*What you will do*
When you reach the line with "next_time-IsBy m [] a = tt" in the listing below, transcribe it and each line after it up to and including the line with "next_time_lem : (l", exactly and with nothing else.

- Opening Delimiter -

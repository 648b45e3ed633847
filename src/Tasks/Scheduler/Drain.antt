-- ===== src/Tasks/Scheduler/Drain.antt =====
-- manual_task_scheduler.h: what one `Update` takes from the queues, and the time it asks for.
use aether_client_cpp.Prelude.{
  ℕ, ◌≤◌, ◌≡◌, refl, arith, ap, ◌∙◌, Bool, true, false, if◌then◌else◌, List, [], ◌∷◌, ◌++◌, Option,
  none, some, length, min, All,
}
use aether_client_cpp.Tasks.Queues.{Task, steal_delayed}
use aether_client_cpp.Tasks.Queues.Order.{IsOrdered, due, later, steal_delayed_lem}
use aether_client_cpp.Tasks.Scheduler.{
  Request, Scheduler, is_active, next_time, apply_all, invoke, invoke_all, update_tasks,
  update_regular, update_delayed, update,
}
use aether_client_cpp.Tasks.Scheduler.Keep.{IsWell, steal_regular-all, update-IsWell}
use aether_client_cpp.Tasks.Scheduler.Once.{ids, free_all_lem}

-- The earliest time of some tasks.
unfoldable pub earliest : List Task → Option ℕ
earliest [] = none
earliest (t ∷ ts) =
    let rest = earliest ts in
    elim rest [ none ↦ some t.expire_at | some n ↦ some (min t.expire_at n) ]

-- A time, if there is one, is no later than this.
abbrev IsBy : ℕ → Option ℕ → Type 0
IsBy m none = Unit
IsBy m (some n) = n ≤ m

next_time-IsBy : (m : ℕ) (l : List Task) → All (λ y. y.expire_at ≤ m) l → IsBy m (next_time l)
unfolding next_time
next_time-IsBy m [] a = tt
next_time-IsBy m (t ∷ ts) a = by (next_time ts) (next_time-IsBy m ts a.1)
  where
    by :
        (rest : Option ℕ)
        → IsBy m rest
        → IsBy m (elim rest [ none ↦ some t.expire_at | some n ↦ some n ])
    by none h = a.0
    by (some n) h = h

next_time_lem : (l : List Task) → IsOrdered l → next_time l ≡ earliest l
unfolding next_time earliest
next_time_lem [] o = refl
next_time_lem (t ∷ ts) o =
    step (next_time ts) (earliest ts) (next_time_lem ts o.1) (next_time-IsBy t.expire_at ts o.0)
  where
    step :
        (r r' : Option ℕ)
        → r ≡ r'
        → IsBy t.expire_at r
        → elim r [ none ↦ some t.expire_at | some n ↦ some n ]
          ≡ elim r' [ none ↦ some t.expire_at | some n ↦ some (min t.expire_at n) ]
    step none none e h = refl
    step none (some n) e h = absurd (cc)
    step (some n) none e h = absurd (cc)
    step (some n) (some n') e h = ap some (ground (arith, e, h))

-- `Update` of a well-formed scheduler asks to be called again at the earliest time of the delayed
-- tasks that are left, and at no time if none is.
pub update-earliest :
    {capacity : ℕ} (place : ℕ → ℕ) (effects : ℕ → List Request) {s : Scheduler} (now : ℕ)
    → IsWell capacity [] s
    → (update capacity place effects s now).1
      ≡ earliest (update capacity place effects s now).0.delayed
unfolding update
update-earliest place effects now i =
    next_time_lem _ (unfold update in (update-IsWell place effects now i).ordered)

-- Functions that ask for nothing leave the queues alone.
module _ (capacity : ℕ) (place : ℕ → ℕ) (effects : ℕ → List Request)
    (quiet : (r : ℕ) → effects r ≡ []) where
  abbrev SameQueues : Scheduler → Scheduler → Type 0
  SameQueues s s' = (s'.regular ≡ s.regular) × (s'.delayed ≡ s.delayed) × (s'.freed ≡ s.freed)

  invoked-SameQueues :
      (b : Bool) (s : Scheduler) (t : Task)
      → SameQueues s (if b then invoke capacity place effects s t else s)
  unfolding invoke apply_all
  invoked-SameQueues false s t = (refl, refl, refl)
  invoked-SameQueues true s t = rw (quiet t.run) (refl, refl, refl)

  invoke_all-SameQueues :
      (s : Scheduler) (ts : List Task) → SameQueues s (invoke_all capacity place effects s ts)
  unfolding invoke_all
  invoke_all-SameQueues s [] = (refl, refl, refl)
  invoke_all-SameQueues s (t ∷ ts) =
      let (r, d, f) = invoked-SameQueues (is_active s.links t) s t in
      let (r', d', f') =
        invoke_all-SameQueues (if is_active s.links t then invoke capacity place effects s t else s)
          ts in
      (r' ∙ r, d' ∙ d, f' ∙ f)

  update_tasks_lem :
      (s : Scheduler) (ts : List Task)
      → let s' = update_tasks capacity place effects s ts in
        (s'.regular ≡ s.regular) × (s'.delayed ≡ s.delayed) × (s'.freed ≡ s.freed ++ ids ts)
  unfolding update_tasks
  update_tasks_lem s ts =
      let s1 = invoke_all capacity place effects s ts in
      let (r, d, f) = invoke_all-SameQueues s ts in
      let (_, f', r', d') = free_all_lem s1 ts in (r' ∙ r, d' ∙ d, f' ∙ ap (λ xs. xs ++ ids ts) f)

  -- In a well-formed scheduler whose functions ask for nothing more, `Update` leaves no regular
  -- task and of the delayed ones just those that are later than the time given. The tasks are freed
  -- in this order: the regular ones oldest first, then the delayed ones that are due, latest time
  -- first.
  pub update_lem :
      {s : Scheduler} (now : ℕ)
      → IsWell capacity [] s
      → let s' = (update capacity place effects s now).0 in
        (s'.regular ≡ [])
        × (s'.delayed ≡ later now s.delayed)
        × (s'.freed ≡ (s.freed ++ ids s.regular) ++ ids (due now s.delayed))
  unfolding update update_regular update_delayed
  update_lem {s} now i =
      let fits : length s.delayed ≤ capacity = omega (arith, i.pool, i.fits) in
      let taken = steal_regular-all capacity s.regular (omega (arith, i.pool, i.fits)) in
      let s1 : Scheduler =
        update_tasks capacity place effects (record s { trigger = false; regular = [] })
          s.regular in
      let (r1, d1, f1) = update_tasks_lem (record s { trigger = false; regular = [] }) s.regular in
      let stolen : steal_delayed now capacity s1.delayed []
          ≡ (due now s.delayed, later now s.delayed) =
        ap (λ l. steal_delayed now capacity l []) d1
        ∙ steal_delayed_lem now capacity s.delayed [] i.ordered fits in
      let (r2, d2, f2) =
        update_tasks_lem (record s1 { delayed = later now s.delayed }) (due now s.delayed) in
      rw (taken, stolen) (r2 ∙ r1, d2, f2 ∙ ap (λ xs. xs ++ ids (due now s.delayed)) f1)
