-- ===== src/Tests.antt =====
-- Each property at a concrete input, and runs of the operations.
pub mod Buffers
pub mod Addresses
pub mod Statistics
pub mod Receiver
pub mod Sender
pub mod Safe
pub mod Requests
pub mod Stages
pub mod Answers
pub mod Modems
pub mod State
pub mod Scheduling
pub mod Buffered
pub mod Emissions
pub mod Collecting
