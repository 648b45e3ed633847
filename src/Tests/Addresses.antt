-- ===== src/Tests/Addresses.antt =====
-- address_parser.h on concrete inputs.
use aether_client_cpp.Prelude.{ℕ, ◌≡◌, refl, arith, List, [], ◌∷◌, none, some}
use aether_client_cpp.AddressParser.{
  ip_v4, ip_v6, is_digit, is_x_digit, from_hex, ip_v4_loop, ip_v4_parse, to_bytes,
  string_to_address,
}
use aether_client_cpp.AddressParser.Dotted.{number, all_digits, string_to_address-dotted}
use aether_client_cpp.AddressParser.Groups.{
  IsGroup, hex_number, all_hex, joined, zeros, string_to_address-groups,
}

-- "256.0..7"
string_to_address-dotted_example :
    string_to_address (50 ∷ 53 ∷ 54 ∷ 46 ∷ 48 ∷ 46 ∷ 46 ∷ 55 ∷ [])
    ≡ some (ip_v4 (0 ∷ 0 ∷ 0 ∷ 7 ∷ []))
unfolding number all_digits is_digit
string_to_address-dotted_example =
    string_to_address-dotted (50 ∷ 53 ∷ 54 ∷ []) (48 ∷ []) [] (55 ∷ []) refl

-- The name "cafe", which is a group.
cafe :
    string_to_address (99 ∷ 97 ∷ 102 ∷ 101 ∷ [])
    ≡ some (ip_v6 (202 ∷ 254 ∷ 0 ∷ 0 ∷ 0 ∷ 0 ∷ 0 ∷ 0 ∷ 0 ∷ 0 ∷ 0 ∷ 0 ∷ 0 ∷ 0 ∷ 0 ∷ 0 ∷ []))
unfolding hex_number all_hex is_x_digit from_hex joined zeros to_bytes ip_v4_parse ip_v4_loop
    is_digit
cafe =
    string_to_address-groups (99 ∷ 97 ∷ 102 ∷ 101 ∷ []) [] ((omega arith, omega arith, refl), tt)
      refl

abbrev one : List ℕ
one = 49 ∷ []

-- Nine groups.
string_to_address-groups_example :
    string_to_address (joined (one ∷ one ∷ one ∷ one ∷ one ∷ one ∷ one ∷ one ∷ one ∷ [])) ≡ none
unfolding all_hex is_x_digit joined ip_v4_parse ip_v4_loop is_digit
string_to_address-groups_example =
    let group : IsGroup one = (omega arith, omega arith, refl) in
    string_to_address-groups one (one ∷ one ∷ one ∷ one ∷ one ∷ one ∷ one ∷ one ∷ [])
      (group, (group, (group, (group, (group, (group, (group, (group, (group, tt))))))))) refl
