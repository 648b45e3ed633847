-- ===== src/Tests/Answers.antt =====
-- aether/serial_ports/at_support on concrete inputs.
use aether_client_cpp.Prelude.{
  ℕ, zero, suc, ◌-◌, ◌≡◌, length, drop, refl, arith, ◌==◌, true, false, if◌then◌else◌, List, [],
  ◌∷◌, ◌++◌, Option, none, some,
}
use aether_client_cpp.AtBuffer.{starts_with, find}
use aether_client_cpp.AtSupport.Dispatcher.{
  is_less, is_same, ObserverCall, remove_observer, AtDispatcher, observer_of, search, buffer_update,
}
use aether_client_cpp.AtSupport.Dispatcher.Order.{IsSorted}
use aether_client_cpp.AtSupport.Dispatcher.Notified.{
  calls_for, all_calls, no_calls, buffer_update_lem, search-removed,
}
use aether_client_cpp.AtSupport.Request.{
  Answer, wait_answered, start, run, values, errors, handled_count, error_count, run-start,
}
use aether_client_cpp.AtSupport.Parsing.{
  is_separator, token_length, parse_response, send_at_command,
}
use aether_client_cpp.AtSupport.Parsing.Printed.{
  no_separator, Argument, printed, parse_response-printed,
}
use aether_client_cpp.AtSupport.Parsing.Commands.{send_next, send-stale}

-- Observers of "OK" and "READY".
abbrev ok_line : List ℕ
ok_line = 79 ∷ 75 ∷ []

abbrev ready_line : List ℕ
ready_line = 82 ∷ 69 ∷ 65 ∷ 68 ∷ 89 ∷ []

abbrev listening : AtDispatcher
listening = record {
  observers =
      record { command = ok_line; observer = some 1 }
      ∷ record { command = ready_line; observer = some 2 }
      ∷ [];
  remove_guard = false;
  data_lines = [];
  log = [];
}

listening-IsSorted : IsSorted listening.observers
unfolding is_less
listening-IsSorted = ((refl, tt), (tt, tt))

buffer_update_lem_example :
    buffer_update no_calls 2 listening (ok_line ∷ ready_line ∷ ok_line ∷ [])
    ≡ some (record {
      observers = listening.observers;
      remove_guard = false;
      data_lines = ok_line ∷ ready_line ∷ ok_line ∷ [];
      log = all_calls listening.observers (ok_line ∷ ready_line ∷ ok_line ∷ []);
    })
buffer_update_lem_example =
    buffer_update_lem 2 listening (ok_line ∷ ready_line ∷ ok_line ∷ []) listening-IsSorted
      (omega arith)

-- The observer of "OK" removes itself.
abbrev leaving : ℕ → List ObserverCall
leaving o = if o == 1 then remove_observer 1 ∷ [] else []

search-removed_example :
    search leaving ok_line (record listening { remove_guard = true }) (ok_line ∷ ok_line ∷ [])
    ≡ none
unfolding find starts_with observer_of is_same calls_for
search-removed_example =
    search-removed leaving (record listening { remove_guard = true }) 1 ok_line ok_line
      (ok_line ∷ []) 0 refl refl refl refl (λ e. absurd (omega (arith, e)))

-- A request with two waits, of which the first is answered twice.
abbrev answers : List Answer
answers = wait_answered 0 true ∷ wait_answered 1 false ∷ wait_answered 0 true ∷ []

run-start_example :
    let cs = (run (start 2 none) answers).completions in (values cs ≡ 1) × (errors cs ≡ 0)
unfolding handled_count error_count
run-start_example = run-start 2 none answers (omega arith) (omega arith)

-- "+CSQ: 1,23" with arguments of one and two digits.
abbrev read_digit : List ℕ → Option ℕ
read_digit [] = none
read_digit (b ∷ bs) = some (b - 48)

abbrev one : Argument ℕ
one = record { parser = read_digit; text = 49 ∷ []; value = 1 }

abbrev two : Argument ℕ
two = record { parser = read_digit; text = 50 ∷ 51 ∷ []; value = 2 }

abbrev csq : List ℕ
csq = 43 ∷ 67 ∷ 83 ∷ 81 ∷ []

parse_response-printed_example :
    parse_response
      (csq ++ 58 ∷ 32 ∷ printed (one ∷ two ∷ []) (13 ∷ []))
      csq
      (read_digit ∷ read_digit ∷ [])
    ≡ (some 10, some 1 ∷ some 2 ∷ [])
unfolding printed no_separator is_separator token_length
parse_response-printed_example =
    parse_response-printed csq 58 32 one (two ∷ []) (13 ∷ [])
      ((omega arith, refl, refl), ((omega arith, refl, refl), tt)) refl

abbrev zeros : ℕ → List ℕ
zeros zero = []
zeros (suc n) = 0 ∷ zeros n

length-zeros : (n : ℕ) → length (zeros n) ≡ n
length-zeros zero = refl
length-zeros (suc n) = omega (arith, length-zeros n)

send-stale_example :
    let filled = ok_line ++ 13 ∷ 10 ∷ (13 ∷ 10 ∷ drop 6 (zeros 1024)) in
    (send_next (send_at_command true (zeros 1024) csq) ok_line
      ≡ some (record { result = some 2; written = filled ∷ []; buffer = filled }))
    × (length filled ≡ 1024)
send-stale_example =
    send-stale (zeros 1024) csq ok_line (length-zeros 1024) (omega arith) (omega arith)
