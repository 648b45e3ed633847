-- ===== src/Tests/Buffered.antt =====
-- The write buffer on concrete inputs, with four entries.
use aether_client_cpp.Prelude.{
  ℕ, ◌+◌, ◌≤◌, ◌<◌, ◌≡◌, refl, arith, ◌==◌, true, false, if◌then◌else◌, [], ◌∷◌, ◌++◌, length, All,
  none, some,
}
use aether_client_cpp.Stream.Message.{success}
use aether_client_cpp.BufferWrite.{
  BufferEntry, DirectResult, BufferWrite, init, drain_buffer, turn_off, on_status, write,
}
use aether_client_cpp.BufferWrite.Order.{waiting}
use aether_client_cpp.BufferWrite.Fifo
use aether_client_cpp.BufferWrite.Numbers.{IsIncreasing}
use aether_client_cpp.BufferWrite.Fifo.{written_in_order}
use aether_client_cpp.BufferWrite.Dropping.{drain_buffer-loses}

-- A gate that accepts all, and one that accepts only what was tried first.
abbrev open_gate : ℕ → ℕ → DirectResult
open_gate n payload = record { action = some (n + 10); turns_on = false }

abbrev one_only : ℕ → ℕ → DirectResult
one_only n payload = record { action = (if n == 0 then some 10 else none); turns_on = false }

abbrev unsent_5 : BufferEntry
unsent_5 = record { id = 0; payload = 5; sent = false; subscribed = false; finished = false }

abbrev unsent_6 : BufferEntry
unsent_6 = record { id = 1; payload = 6; sent = false; subscribed = false; finished = false }

-- Two writes, held back.
abbrev two_held : BufferWrite
two_held = record {
  buffer_on = true;
  buffer = unsent_5 ∷ unsent_6 ∷ [];
  next_id = 2;
  calls = 0;
  written = [];
  log = [];
}

written_in_order_example :
    let s =
      (write 4 one_only
        (turn_off 4 one_only (write 4 one_only (write 4 one_only init 5).0 6).0)
        7).0 in
    IsIncreasing (s.written ++ waiting s.buffer)
    × All (λ y. y.0 < s.next_id) (s.written ++ waiting s.buffer)
    × (length s.buffer ≤ 4)
written_in_order_example = written_in_order (
    Fifo.next
      (Fifo.next (Fifo.next (Fifo.next Fifo.here (Fifo.writes init 5)) (Fifo.writes _ 6))
        (Fifo.turns_off _))
      (Fifo.writes _ 7))

-- The first write is under way, and the second was stopped before it was sent.
abbrev second_stopped : BufferWrite
second_stopped = record two_held {
  buffer_on = false;
  buffer =
      record unsent_5 { sent = true; subscribed = true } ∷ record unsent_6 { finished = true } ∷ [];
}

drain_buffer-loses_example :
    let s' = drain_buffer 4 open_gate second_stopped in
    (s'.buffer ≡ record unsent_6 { finished = true } ∷ [])
    × (on_status 4 open_gate s' 0 success ≡ s')
drain_buffer-loses_example =
    drain_buffer-loses 4 open_gate second_stopped
      (record unsent_5 { sent = true; subscribed = true }) (record unsent_6 { finished = true })
      success refl (ground arith) refl refl refl refl
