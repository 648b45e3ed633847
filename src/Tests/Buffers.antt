-- ===== src/Tests/Buffers.antt =====
-- The indices, the byte ring and the chunk list on concrete inputs over a ring of 16 indices.
use aether_client_cpp.Prelude.{ℕ, ◌+◌, ◌≡◌, arith, [], ◌∷◌}
use aether_client_cpp.Ring.{distance, plus, minus}
use aether_client_cpp.Ring.Distance.{IsCapacity}
use aether_client_cpp.Circular.{CircularBuffer, ok, push, read, size}
use aether_client_cpp.Circular.Contents.{IsValid, contents, window}
use aether_client_cpp.Circular.Push.{push_refines}
use aether_client_cpp.Circular.Read.{shown, read_list, read_refines}

abbrev sixteen : ℕ
sixteen = 16

sixteen-IsCapacity : IsCapacity sixteen
sixteen-IsCapacity = record { positive = omega arith; small = omega arith }

-- Six bytes, from index 14 on.
abbrev six : CircularBuffer
six = record { begin = 14; end = 4; buffer = λ i. i + 1 }

six-IsValid : IsValid sixteen six
six-IsValid = record { begin_in = omega arith; end_in = omega arith }

push_refines_example :
    (contents sixteen (push sixteen six (7 ∷ 8 ∷ [])).0 ≡ 15 ∷ 16 ∷ 1 ∷ 2 ∷ 3 ∷ 4 ∷ 7 ∷ 8 ∷ [])
    × ((push sixteen six (7 ∷ 8 ∷ [])).1 ≡ ok (record { left = 4; right = 5 }))
    × IsValid sixteen (push sixteen six (7 ∷ 8 ∷ [])).0
unfolding distance plus minus size contents window
push_refines_example = push_refines sixteen-IsCapacity six-IsValid (7 ∷ 8 ∷ [])

read_refines_example : shown (read sixteen six 15 3) ≡ ok (16 ∷ 1 ∷ 2 ∷ [])
unfolding distance plus size contents window read_list
read_refines_example = read_refines sixteen-IsCapacity six six-IsValid 15 3 (omega arith)
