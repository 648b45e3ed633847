-- ===== src/Tests/Collecting.antt =====
-- The packet collector on concrete inputs, with sizes of one byte.
use aether_client_cpp.Prelude.{
  ℕ, zero, suc, ◌≤◌, ◌<◌, ◌≡◌, refl, arith, ap, ap₂, sym, Bool, ltb, List, [], ◌∷◌, ◌++◌, length,
  take, drop, Option, none, some,
}
use aether_client_cpp.Collector.{
  Packet, Collector, new_packet, needs_packet, is_packet_complete, write_size, write_to_packet,
  write_to_back, write_round, got_size, size_round, add_round, add_data,
}
use aether_client_cpp.Collector.{init}
use aether_client_cpp.PacketGate.{write_in, write_out}
use aether_client_cpp.PacketGate.Returning.{write_out-write_in}
use aether_client_cpp.Collector.Reading.{IsReader}

abbrev one_byte : ℕ → List ℕ
one_byte v = v ∷ []

abbrev read_one_byte : List ℕ → Option (ℕ × ℕ)
read_one_byte [] = none
read_one_byte (v ∷ bytes) = some (v, 1)

one_byte-IsReader : IsReader one_byte read_one_byte
one_byte-IsReader = record {
  reads = λ bytes v n e. at_front bytes v n e;
  nothing = refl;
  near = λ bytes m v n e h. from_front bytes m v n e h;
  short = λ bytes e. small bytes e;
}
  where
    at_front :
        (bytes : List ℕ) (v n : ℕ)
        → read_one_byte bytes ≡ some (v, n)
        → (n ≤ length bytes) × (one_byte v ++ drop n bytes ≡ bytes)
    at_front [] v n e = absurd (cc)
    at_front (b ∷ bytes) v n e =
        let size : b ≡ v = ap (λ o. elim o [ none ↦ 0 | some r ↦ r.0 ]) e in
        let taken : 1 ≡ n = ap (λ o. elim o [ none ↦ 1 | some r ↦ r.1 ]) e in
        (omega (arith, taken), ap₂ (λ x k. x ∷ drop k (b ∷ bytes)) (sym size) (sym taken))

    from_front :
        (bytes : List ℕ) (m v n : ℕ)
        → read_one_byte bytes ≡ some (v, n)
        → n ≤ m
        → read_one_byte (take m bytes) ≡ some (v, n)
    from_front [] m v n e h = absurd (cc)
    from_front (b ∷ bytes) zero v n e h =
        let taken : 1 ≡ n = ap (λ o. elim o [ none ↦ 1 | some r ↦ r.1 ]) e in
        absurd (omega (arith, taken, h))
    from_front (b ∷ bytes) (suc m) v n e h = e

    small : (bytes : List ℕ) → read_one_byte bytes ≡ none → length bytes < 8
    small [] e = omega arith
    small (b ∷ bytes) e = absurd (cc)

-- A packet of three bytes of which one came.
abbrev partly_come : Collector
partly_come = record {
  packets = record { expected_packet_size = 3; capacity = 3; mem_buffer = 7 ∷ [] } ∷ [];
  temp_data_buffer = [];
}

-- There is memory for a packet of less than 6 bytes.
abbrev some_memory : List Packet → ℕ → Bool
some_memory packets v = ltb v 6

-- The size 0 ends the loop, and the byte after it is not read.
add_data_run :
    add_data read_one_byte some_memory 7 partly_come (8 ∷ 9 ∷ 2 ∷ 5 ∷ 6 ∷ 0 ∷ 4 ∷ [])
    ≡ some (
      record {
        packets =
            record { expected_packet_size = 3; capacity = 3; mem_buffer = 7 ∷ 8 ∷ 9 ∷ [] }
            ∷ record { expected_packet_size = 2; capacity = 2; mem_buffer = 5 ∷ 6 ∷ [] }
            ∷ [];
        temp_data_buffer = [];
      },
      4 ∷ [],
    )
unfolding add_data add_round size_round got_size new_packet write_round write_to_back
    write_to_packet write_size needs_packet is_packet_complete
add_data_run = refl

-- There is no memory for 6 bytes, and the loop does not end.
add_data_stalls : add_data read_one_byte some_memory 100 partly_come (8 ∷ 9 ∷ 6 ∷ 5 ∷ []) ≡ none
unfolding add_data add_round size_round got_size new_packet write_round write_to_back
    write_to_packet write_size needs_packet is_packet_complete
add_data_stalls = refl

write_out-write_in_example :
    write_out read_one_byte some_memory init (write_in one_byte (5 ∷ 6 ∷ []))
    ≡ some ((5 ∷ 6 ∷ []) ∷ [], init, [])
write_out-write_in_example =
    write_out-write_in some_memory one_byte-IsReader (λ v rest. refl) (5 ∷ 6 ∷ []) (omega arith)
      (omega arith) (omega arith) refl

- Closing Delimiter -

*Completed exercise*
next_time-IsBy m [] a = tt
next_time-IsBy m (t ∷ ts) a = by (next_time ts) (next_time-IsBy m ts a.1)
  where
    by :
        (rest : Option ℕ)
        → IsBy m rest
        → IsBy m (elim rest [ none ↦ some t.expire_at | some n ↦ some n ])
    by none h = a.0
    by (some n) h = h

next_time_lem : (l : List Task) → IsOrdered l → next_time l ≡ earliest l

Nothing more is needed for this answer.